Obtaining a sample of blogs is–as with sampling on the web in general–not as easy as it should be. One way I’ve done this in the past is to sample from a “ping server.” Most weblog systems and services send pings out to updating services to let them know that new content has been posted. One of these servers is located a weblogs.com. Moving forward, I hope to use blo.gs, now that it has been bought up by Yahoo and is back in business. They’ve recently OKed my access, but I need to change my system a bit to draw pings from that server.
The last time I pulled from weblogs.com, it worked pretty well. Basically, I am working with a couple of other people to content analyze a relatively representative sample of weblogs. So, if I gather all the pings from a week from weblogs.com, and pull random blogs from that, I should have a decent sample. I have a couple of restrictions: that it be apparently single-author, that it be written primarily in English, and that it not be primarily commercial in purpose. This necessitates sifting through the sample by hand, and I’m doing this 100 blogs at a time.

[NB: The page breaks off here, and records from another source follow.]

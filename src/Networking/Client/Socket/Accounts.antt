-- ===== src/Networking/Client/Socket/Accounts.antt =====
-- What becomes of the sockets of a worker of networking/tcp_client.py, and how long it waits.
use mathlib.Core.List.{Memᴰ}
use mathlib.Core.Path.{subst}
use distributed_sensor_hub.Base.{
  ℕ, zero, suc, ◌+◌, ◌*◌, ◌≤◌, ◌<◌, ◌≡◌, refl, sym, ap, ◌∙◌, Bool, true, false, some, List, [], ◌∷◌,
  arith, if◌then◌else◌, Bool-cases, dec_lt, ℕ_discrete, ◌⊎◌, inl, inr,
}
use distributed_sensor_hub.Networking.Client.Socket.{
  Sockets, no_sockets, Answer, accepted, refused, raised, Attempt, after_connect, connect,
  close_socket, SocketRound, watch, socket_round, socket_rounds, sleep_until, sleep_interruptible,
}

-- Every socket that was made is closed, but for the one that the worker holds and the one that an
-- exception of `sock.connect` left open.
abbrev pub Balanced : Sockets → Type 0
Balanced s = s.made ≡ s.closed + (if s.held then 1 else 0) + (if s.dead then 1 else 0)

close_socket-Balanced : (s : Sockets) → Balanced s → Balanced (close_socket s)
unfolding close_socket
close_socket-Balanced s h = ground arith

close_socket-dead : (s : Sockets) → (close_socket s).dead ≡ s.dead
unfolding close_socket
close_socket-dead s = ground arith

watch-Balanced : (r : SocketRound) (s : Sockets) → Balanced s → Balanced (watch r s)
unfolding watch
watch-Balanced r s h = ground (arith, close_socket-Balanced s h)

watch-dead : (r : SocketRound) (s : Sockets) → (watch r s).dead ≡ s.dead
unfolding watch
watch-dead r s = ground (arith, close_socket-dead s)

after_connect-Balanced :
    (a : Answer) (stop : Bool) (s : Sockets)
    → s.held ≡ false
    → s.dead ≡ false
    → Balanced s
    → Balanced (after_connect a stop s).0
unfolding after_connect
after_connect-Balanced accepted stop s free alive h = ground arith
after_connect-Balanced refused stop s free alive h = ground arith
after_connect-Balanced raised stop s free alive h = ground arith

after_connect-dead :
    (a : Answer) (stop : Bool) (s : Sockets)
    → s.dead ≡ false
    → (after_connect a stop s).0.dead ≡ true
    → a ≡ raised
unfolding after_connect
after_connect-dead accepted stop s alive h = absurd (ground arith)
after_connect-dead refused stop s alive h = absurd (ground arith)
after_connect-dead raised stop s alive h = refl

connect-Balanced :
    (a : Attempt) (s : Sockets)
    → s.held ≡ false
    → s.dead ≡ false
    → Balanced s
    → Balanced (connect a s).0
unfolding connect
connect-Balanced a s free alive h =
    ground (arith, after_connect-Balanced a.answer a.stop_after s free alive h)

connect-dead :
    (a : Attempt) (s : Sockets) → s.dead ≡ false → (connect a s).0.dead ≡ true → a.answer ≡ raised
unfolding connect
connect-dead a s alive h = elim (Bool-cases a.stop_before) [
  | inl before ↦ absurd (ground arith)
  | inr on ↦ after_connect-dead a.answer a.stop_after s alive (rw on at h)
]

socket_round-held : (r : SocketRound) (s : Sockets) → s.held ≡ true → socket_round r s ≡ watch r s
unfolding socket_round
socket_round-held r s held = ground arith

socket_round-free :
    (r : SocketRound) (s : Sockets)
    → s.held ≡ false
    → socket_round r s ≡ (
        if (connect r.attempt s).1
        then watch r (connect r.attempt s).0
        else (connect r.attempt s).0)
unfolding socket_round
socket_round-free r s free = ground arith

watch_if-Balanced :
    (r : SocketRound) (s : Sockets) (connected : Bool)
    → Balanced s
    → Balanced (if connected then watch r s else s)
watch_if-Balanced r s true h = watch-Balanced r s h
watch_if-Balanced r s false h = h

watch_if-dead :
    (r : SocketRound) (s : Sockets) (connected : Bool)
    → (if connected then watch r s else s).dead ≡ s.dead
watch_if-dead r s true = watch-dead r s
watch_if-dead r s false = refl

socket_round-Balanced :
    (r : SocketRound) (s : Sockets) → s.dead ≡ false → Balanced s → Balanced (socket_round r s)
socket_round-Balanced r s alive h = elim (Bool-cases s.held) [
  | inl held ↦ subst Balanced (sym (socket_round-held r s held)) (watch-Balanced r s h)
  | inr free ↦ subst Balanced (sym (socket_round-free r s free)) (
      watch_if-Balanced r (connect r.attempt s).0 (connect r.attempt s).1
        (connect-Balanced r.attempt s free alive h))
]

socket_round-dead :
    (r : SocketRound) (s : Sockets)
    → s.dead ≡ false
    → (socket_round r s).dead ≡ true
    → r.attempt.answer ≡ raised
socket_round-dead r s alive h = elim (Bool-cases s.held) [
  | inl held ↦
      let same = ap (λ x. x.dead) (socket_round-held r s held) ∙ watch-dead r s in absurd (cc)
  | inr free ↦
      let same =
        ap (λ x. x.dead) (socket_round-free r s free)
        ∙ watch_if-dead r (connect r.attempt s).0 (connect r.attempt s).1 in
      connect-dead r.attempt s alive (sym same ∙ h)
]

socket_rounds-dead :
    (rounds : List SocketRound) (s : Sockets) → s.dead ≡ true → socket_rounds rounds s ≡ s
unfolding socket_rounds
socket_rounds-dead [] s dead = refl
socket_rounds-dead (r ∷ rounds) s dead = ground arith

socket_rounds-alive :
    (r : SocketRound) (rounds : List SocketRound) (s : Sockets)
    → s.dead ≡ false
    → socket_rounds (r ∷ rounds) s ≡ socket_rounds rounds (socket_round r s)
unfolding socket_rounds
socket_rounds-alive r rounds s alive = ground arith

-- What a run of rounds keeps, and how its thread may have ended.
abbrev Accounted : List SocketRound → Sockets → Type 0
Accounted rounds s =
    Balanced s × (s.dead ≡ true → (r : SocketRound) × Memᴰ r rounds × (r.attempt.answer ≡ raised))

socket_rounds-Accounted :
    (rounds : List SocketRound) (s : Sockets)
    → s.dead ≡ false
    → Balanced s
    → Accounted rounds (socket_rounds rounds s)
unfolding socket_rounds
socket_rounds-Accounted [] s alive h = (h, λ dead. absurd (cc))
socket_rounds-Accounted (r ∷ rounds) s alive h =
    subst (Accounted (r ∷ rounds)) (sym (socket_rounds-alive r rounds s alive))
      (elim (Bool-cases (socket_round r s).dead) [
        | inl dead ↦
            subst (Accounted (r ∷ rounds)) (sym (socket_rounds-dead rounds (socket_round r s) dead))
              (
                socket_round-Balanced r s alive h,
                λ d. (r, Memᴰ.head refl, socket_round-dead r s alive dead),
              )
        | inr on ↦
            let (balanced, ends) =
              socket_rounds-Accounted rounds (socket_round r s) on
                (socket_round-Balanced r s alive h) in
            (balanced, λ d. let (x, there, e) = ends d in (x, Memᴰ.tail there, e))
      ])

close_socket-free :
    (s : Sockets)
    → Balanced s
    → ((close_socket s).held ≡ false)
      × ((close_socket s).made ≡ (close_socket s).closed + (if s.dead then 1 else 0))
unfolding close_socket
close_socket-free s h = ground arith

-- A worker loses at most one socket: whatever its rounds meet (stops before and during an attempt to
-- connect, attempts that fail or raise, sends that break, connections that the server closes), it holds at
-- most one socket at a time, all others that it made are closed, and after its last `_close_socket` all are,
-- but for one where `sock.connect` raised something other than an OSError, which ended its thread.
pub socket_rounds-close_socket :
    (rounds : List SocketRound)
    → let s = socket_rounds rounds no_sockets in
      Balanced s
      × ((close_socket s).held ≡ false)
      × ((close_socket s).made ≡ (close_socket s).closed + (if s.dead then 1 else 0))
      × (s.dead ≡ true → (r : SocketRound) × Memᴰ r rounds × (r.attempt.answer ≡ raised))
socket_rounds-close_socket rounds =
    let (balanced, ends) = socket_rounds-Accounted rounds no_sockets refl refl in
    let (free, all) = close_socket-free (socket_rounds rounds no_sockets) balanced in
    (balanced, free, all, ends)

module _ (end : ℕ) (clock : ℕ → ℕ) (should_stop : ℕ → Bool)
    (ticks : (i : ℕ) → clock (suc i) + 50 ≤ clock (suc (suc i))) where
  -- The loop leaves in round `n` and in none from `i` to there.
  record Leaves (i n : ℕ) : Type 0 where
    pub past : i ≤ n
    pub over : (should_stop n ≡ true) ⊎ (end ≤ clock (suc n))
    pub before : (j : ℕ) → i ≤ j → j < n → (should_stop j ≡ false) × (clock (suc j) < end)

  leave_cases :
      (i : ℕ)
      → ((should_stop i ≡ true) ⊎ (end ≤ clock (suc i)))
        ⊎ ((should_stop i ≡ false) × (clock (suc i) < end))
  leave_cases i = elim (Bool-cases (should_stop i)) [
    | inl stop ↦ inl (inl stop)
    | inr on ↦ elim (dec_lt (clock (suc i)) end) [
      | yes early ↦ inr (on, early)
      | no late ↦ inl (inr (omega arith))
    ]
  ]

  sleep_until-leave :
      (fuel i : ℕ)
      → (should_stop i ≡ true) ⊎ (end ≤ clock (suc i))
      → sleep_until (suc fuel) end clock should_stop i ≡ some i
  unfolding sleep_until
  sleep_until-leave fuel i over = ground arith

  sleep_until-stay :
      (fuel i : ℕ)
      → should_stop i ≡ false
      → clock (suc i) < end
      → sleep_until (suc fuel) end clock should_stop i
        ≡ sleep_until fuel end clock should_stop (suc i)
  unfolding sleep_until
  sleep_until-stay fuel i on early = ground arith

  here : (i : ℕ) → (should_stop i ≡ true) ⊎ (end ≤ clock (suc i)) → Leaves i i
  here i over = record {
    past = omega arith;
    over = over;
    before = λ j from upto. absurd (omega arith);
  }

  sleep_until-Leaves :
      (fuel i : ℕ)
      → end ≤ clock (suc i) + 50 * fuel
      → (n : ℕ) × (sleep_until (suc fuel) end clock should_stop i ≡ some n) × Leaves i n
  sleep_until-Leaves zero i h =
      (i, sleep_until-leave zero i (inr (omega arith)), here i (inr (omega arith)))
  sleep_until-Leaves (suc fuel) i h = elim (leave_cases i) [
    | inl over ↦ (i, sleep_until-leave (suc fuel) i over, here i over)
    | inr (on, early) ↦
        let next = ticks i in
        let (n, same, leaves) = sleep_until-Leaves fuel (suc i) (omega arith) in
        let past = leaves.past in
        (
          n,
          sleep_until-stay (suc fuel) i on early ∙ same,
          record {
            past = omega arith;
            over = leaves.over;
            before = λ j from upto. elim (ℕ_discrete i j) [
              | yes first ↦
                  subst (λ x. (should_stop x ≡ false) × (clock (suc x) < end)) first (on, early)
              | no later ↦ leaves.before j (omega arith) upto
            ];
          },
        )
  ]

-- `_sleep_interruptible` ends: if the clock does not go back before its first test and goes on by at least 50 ms
-- with each sleep, it leaves its loop at the first test at which the time is over or the worker
-- is to stop, and no later than after one sleep for every 50 ms of the duration, begun ones
-- included. Any fuel above that number is enough.
pub sleep_interruptible_total :
    (fuel duration : ℕ) (clock : ℕ → ℕ) (should_stop : ℕ → Bool)
    → clock 0 ≤ clock 1
    → ((i : ℕ) → clock (suc i) + 50 ≤ clock (suc (suc i)))
    → duration ≤ 50 * fuel
    → (n : ℕ) × (sleep_interruptible (suc fuel) duration clock should_stop ≡ some n)
      × (50 * n < duration + 50)
      × ((should_stop n ≡ true) ⊎ (clock 0 + duration ≤ clock (suc n)))
      × ((j : ℕ) → j < n → (should_stop j ≡ false) × (clock (suc j) < clock 0 + duration))
unfolding sleep_interruptible
sleep_interruptible_total fuel duration clock should_stop starts ticks enough =
    let (n, same, leaves) =
      sleep_until-Leaves (clock 0 + duration) clock should_stop ticks fuel 0 (omega arith) in
    (n, same, rounds n leaves.before, leaves.over, λ j upto. leaves.before j (omega arith) upto)
  where
    passed : (n : ℕ) → clock 0 + 50 * n ≤ clock (suc n)
    passed zero = omega arith
    passed (suc n) = let a = passed n in let b = ticks n in omega arith

    rounds :
        (n : ℕ)
        → ((j : ℕ) → 0 ≤ j → j < n → (should_stop j ≡ false) × (clock (suc j) < clock 0 + duration))
        → 50 * n < duration + 50
    rounds zero before = omega arith
    rounds (suc n) before =
        let (_, early) = before n (omega arith) (omega arith) in let a = passed n in omega arith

I was prepared for the number of splogs (spam blogs). It doesn’t take much to notice that spam has infested the blogosphere. I was less prepared for the number of Asian-language blogs, particularly Chinese.
I kept an informal count of the last 100 I looked at. Of these, only 23 met the requirements I laid out above. 44 were splogs, 20 were written primarily in Chinese, and 12 in another language (four in Japanese, a couple in Thai, a couple in Farsi, one Russian, one Portuguese, and two in Spanish). I think it would be a mistake to extend this and suggest that 20% of the blogosphere is Chinese, but from an informal, personal perspective, the increase in Chinese-language bloggers is striking.